As Maciej has suggested, you are going to get far better answers if you provide a clear description of the problem, some sample data and some expected results for the data provided.
First point, totals are not the sort of thing you should store. You have to go to the trouble of maintaining that data item for
every change on the table. For small systems like this it is easier to just calculate the totals as and when you need them (For the purists, yes there are exceptions to that "rule" but you are a long way off rolling stock totals and the like).

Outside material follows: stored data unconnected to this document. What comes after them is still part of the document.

-- ===== src/Executor/PointInTime/Sort/Form.antt =====
-- src/executor/src/point_in_time/sort.rs: the bytes that stand for a row in the buffer.
use incresql.Prelude.{
  ℕ, ◌≡◌, refl, sym, ap, ◌∙◌, arith, some, List, [], ◌∷◌, ◌++◌, append_assoc, append-nil, map,
  length, All, ◌⊎◌, inl, inr,
}
use incresql.Data.Datum.{
  Externals, Datum, cmp, null, boolean, integer, big_int, decimal, byte_a_ref, byte_a_owned,
  byte_a_inline, jsonpath, jsonpath_ref,
}
use incresql.Prelude.{true, false}
use incresql.Data.Datum.Stored.{stored}
use incresql.Data.TupleIter.{TupleIter, Row}
use incresql.Encoding.SortOrder.{SortOrder, asc, desc}
use incresql.Encoding.Bytes.{BytesLt}
use incresql.Encoding.Datums.{DecimalCodec, as_sortable_bytes}
use incresql.Encoding.Datums.RoundTrip.{
  IsStorable, from-as_sortable_bytes, as_sortable_bytes-append,
}
use incresql.Encoding.Datums.Ordering.{IsComparable, as_sortable_bytes-Sorted}
use incresql.Functions.{Functions}
use incresql.Executor.Scalar.{eval_scalar}
use incresql.Ast.Expr.{SortExpression}
use incresql.Executor.PointInTime.Sort.{write_keys, write_datums, skip_keys, read_datums}
use Prim.Native.Nat.{Ordering}

-- A row with the values of the sort expressions on it.
abbrev pub Keyed : Externals → Type 0
Keyed x = Row x × List (Datum x)

module _ {x : Externals} (fs : Functions x) (codec : DecimalCodec x) where
  unfoldable pub keys_form : List (SortExpression fs) → List (Datum x) → List ℕ
  keys_form [] keys = []
  keys_form (e ∷ exprs) [] = []
  keys_form (e ∷ exprs) (key ∷ keys) =
      as_sortable_bytes codec key e.ordering [] ++ keys_form exprs keys

  abbrev pub EvalTo : List (SortExpression fs) → List (Datum x) → List (Datum x) → Type 0
  EvalTo [] tuple [] = Unit
  EvalTo [] tuple (key ∷ keys) = ⊥
  EvalTo (e ∷ exprs) tuple [] = ⊥
  EvalTo (e ∷ exprs) tuple (key ∷ keys) =
      (eval_scalar fs tuple e.expression ≡ some key) × EvalTo exprs tuple keys

  -- The order of two data in a column.
  abbrev pub ComesBefore : SortOrder → Datum x → Datum x → Type 0
  ComesBefore asc a b = IsComparable a b × (cmp a b ≡ Ordering.lt)
  ComesBefore desc a b = IsComparable b a × (cmp b a ≡ Ordering.lt)

  -- The first columns that differ are in order.
  abbrev pub KeysBefore : List (SortExpression fs) → List (Datum x) → List (Datum x) → Type 0
  KeysBefore [] as' bs = ⊥
  KeysBefore (e ∷ exprs) [] bs = ⊥
  KeysBefore (e ∷ exprs) (a ∷ as') [] = ⊥
  KeysBefore (e ∷ exprs) (a ∷ as') (b ∷ bs) =
      ComesBefore e.ordering a b ⊎ ((stored a ≡ stored b) × KeysBefore exprs as' bs)

  BytesLt-append_left : (xs s t : List ℕ) → BytesLt s t → BytesLt (xs ++ s) (xs ++ t)
  BytesLt-append_left [] s t h = h
  BytesLt-append_left (x ∷ xs) s t h = inr (refl, BytesLt-append_left xs s t h)

  written_stored :
      (d : Datum x) (order : SortOrder)
      → as_sortable_bytes codec (stored d) order [] ≡ as_sortable_bytes codec d order []
  unfolding as_sortable_bytes stored
  written_stored null order = refl
  written_stored (boolean true) order = refl
  written_stored (boolean false) order = refl
  written_stored (integer i) order = refl
  written_stored (big_int i) order = refl
  written_stored (decimal d) order = refl
  written_stored (byte_a_ref s) order = refl
  written_stored (byte_a_owned s) order = refl
  written_stored (byte_a_inline len s) order = refl
  written_stored (jsonpath p) order = refl
  written_stored (jsonpath_ref p) order = refl

  ComesBefore-BytesLt :
      (order : SortOrder) (a b : Datum x) (s t : List ℕ)
      → IsStorable a
      → IsStorable b
      → ComesBefore order a b
      → BytesLt (as_sortable_bytes codec a order [] ++ s) (as_sortable_bytes codec b order [] ++ t)
  ComesBefore-BytesLt asc a b s t ha hb h = as_sortable_bytes-Sorted codec a b asc ha hb h.0 h.1 s t
  ComesBefore-BytesLt desc a b s t ha hb h =
      as_sortable_bytes-Sorted codec b a desc hb ha h.0 h.1 s t

  pub KeysBefore-BytesLt :
      (exprs : List (SortExpression fs)) (k l : List (Datum x)) (s t : List ℕ)
      → All IsStorable k
      → All IsStorable l
      → KeysBefore exprs k l
      → BytesLt (keys_form exprs k ++ s) (keys_form exprs l ++ t)
  unfolding keys_form
  KeysBefore-BytesLt [] k l s t hk hl h = absurd h
  KeysBefore-BytesLt (e ∷ exprs) [] l s t hk hl h = absurd h
  KeysBefore-BytesLt (e ∷ exprs) (a ∷ k) [] s t hk hl h = absurd h
  KeysBefore-BytesLt (e ∷ exprs) (a ∷ k) (b ∷ l) s t hk hl (inl h) =
      rw
        (
          append_assoc (as_sortable_bytes codec a e.ordering []) (keys_form exprs k) s,
          append_assoc (as_sortable_bytes codec b e.ordering []) (keys_form exprs l) t,
        )
        (ComesBefore-BytesLt e.ordering a b (keys_form exprs k ++ s) (keys_form exprs l ++ t) hk.0
          hl.0 h)
  KeysBefore-BytesLt (e ∷ exprs) (a ∷ k) (b ∷ l) s t hk hl (inr (same, h)) =
      let written : as_sortable_bytes codec a e.ordering []
          ≡ as_sortable_bytes codec b e.ordering [] =
        sym (written_stored a e.ordering)
        ∙ ap (λ d. as_sortable_bytes codec d e.ordering []) same
        ∙ written_stored b e.ordering in
      rw
        (
          written,
          append_assoc (as_sortable_bytes codec b e.ordering []) (keys_form exprs k) s,
          append_assoc (as_sortable_bytes codec b e.ordering []) (keys_form exprs l) t,
        )
        (BytesLt-append_left (as_sortable_bytes codec b e.ordering []) (keys_form exprs k ++ s)
          (keys_form exprs l ++ t) (KeysBefore-BytesLt exprs k l s t hk.1 hl.1 h))

  unfoldable pub datums_form : List (Datum x) → List ℕ
  datums_form [] = []
  datums_form (datum ∷ tuple) = as_sortable_bytes codec datum asc [] ++ datums_form tuple

  module _ (source : TupleIter x) (all : List (SortExpression fs)) where
    pub write_keys-form :
        (exprs : List (SortExpression fs)) (tuple keys : List (Datum x)) (buffer : List ℕ)
        → EvalTo exprs tuple keys
        → All IsStorable keys
        → write_keys fs codec source all exprs tuple buffer ≡ some (buffer ++ keys_form exprs keys)
    unfolding write_keys keys_form
    write_keys-form [] tuple [] buffer h k = rw (append-nil buffer) refl
    write_keys-form [] tuple (d ∷ keys) buffer h k = absurd h
    write_keys-form (e ∷ exprs) tuple [] buffer h k = absurd h
    write_keys-form (e ∷ exprs) tuple (d ∷ keys) buffer h k =
        rw (h.0, as_sortable_bytes-append codec d e.ordering buffer k.0)
          (write_keys-form exprs tuple keys _ h.1 k.1
            ∙ ap some (
                append_assoc buffer (as_sortable_bytes codec d e.ordering [])
                  (keys_form exprs keys)))

    pub write_datums-form :
        (tuple : List (Datum x)) (buffer : List ℕ)
        → All IsStorable tuple
        → write_datums fs codec source all tuple buffer ≡ buffer ++ datums_form tuple
    unfolding write_datums datums_form
    write_datums-form [] buffer h = sym (append-nil buffer)
    write_datums-form (d ∷ tuple) buffer h = rw (as_sortable_bytes-append codec d asc buffer h.0) (
        write_datums-form tuple _ h.1
        ∙ append_assoc buffer (as_sortable_bytes codec d asc []) (datums_form tuple))

    pub skip_keys-form :
        (exprs : List (SortExpression fs)) (tuple keys : List (Datum x)) (rest : List ℕ)
        → EvalTo exprs tuple keys
        → All IsStorable keys
        → skip_keys fs codec source all exprs (keys_form exprs keys ++ rest) ≡ some rest
    unfolding skip_keys keys_form
    skip_keys-form [] tuple [] rest h k = refl
    skip_keys-form [] tuple (d ∷ keys) rest h k = absurd h
    skip_keys-form (e ∷ exprs) tuple [] rest h k = absurd h
    skip_keys-form (e ∷ exprs) tuple (d ∷ keys) rest h k =
        rw
          (
            append_assoc (as_sortable_bytes codec d e.ordering []) (keys_form exprs keys) rest,
            from-as_sortable_bytes codec d e.ordering (keys_form exprs keys ++ rest) k.0,
          )
          (skip_keys-form exprs tuple keys rest h.1 k.1)

    pub read_datums-form :
        (tuple old : List (Datum x)) (rest : List ℕ)
        → length old ≡ length tuple
        → All IsStorable tuple
        → read_datums fs codec source all old (datums_form tuple ++ rest)
          ≡ some (map stored tuple, rest)
    unfolding read_datums datums_form
    read_datums-form [] [] rest l h = refl
    read_datums-form [] (o ∷ old) rest l h = absurd (omega arith)
    read_datums-form (d ∷ tuple) [] rest l h = absurd (omega arith)
    read_datums-form (d ∷ tuple) (o ∷ old) rest l h =
        rw
          (
            append_assoc (as_sortable_bytes codec d asc []) (datums_form tuple) rest,
            from-as_sortable_bytes codec d asc (datums_form tuple ++ rest) h.0,
            read_datums-form tuple old rest (omega arith) h.1,
          )
          refl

If you set yourself a standard query up you can join to that query for the totals in any of your other reports. E.g. I set up a query that returns all of the counts by District, by gender and overall like this: Query "DistrictTotals"
SELECT Schools.District, Schools.SchoolType, Count(*) As Total
FROM Schools
GROUP BY Schools.District, Schools.SchoolType
UNION
Select Schools.District, "All",Count(*)
FROM Schools
GROUP BY Schools.District
UNION
Select "All", Schools.SchoolType, Count(*)
FROM Schools
GROUP BY Schools.SchoolType
UNION Select "All", "All", Count(*)
FROM Schools
ORDER BY 1, 2;
which in my case returned these results
District SchoolType Total
1 All 3
1 Female 1
1 Male 2
2 All 4
2 Female 3
2 Male 1
3 All 4
3 Male 4
All All 11
All Female 4
All Male 7
If I want to show information about the districts say I can then join to that query like this
SELECT Districts.*, DistrictTotals.SchoolType, DistrictTotals.Total
FROM Districts INNER JOIN DistrictTotals ON CStr(Districts.ID) = DistrictTotals.District;
I've had to convert the ID to a string because I included "All" in my totals.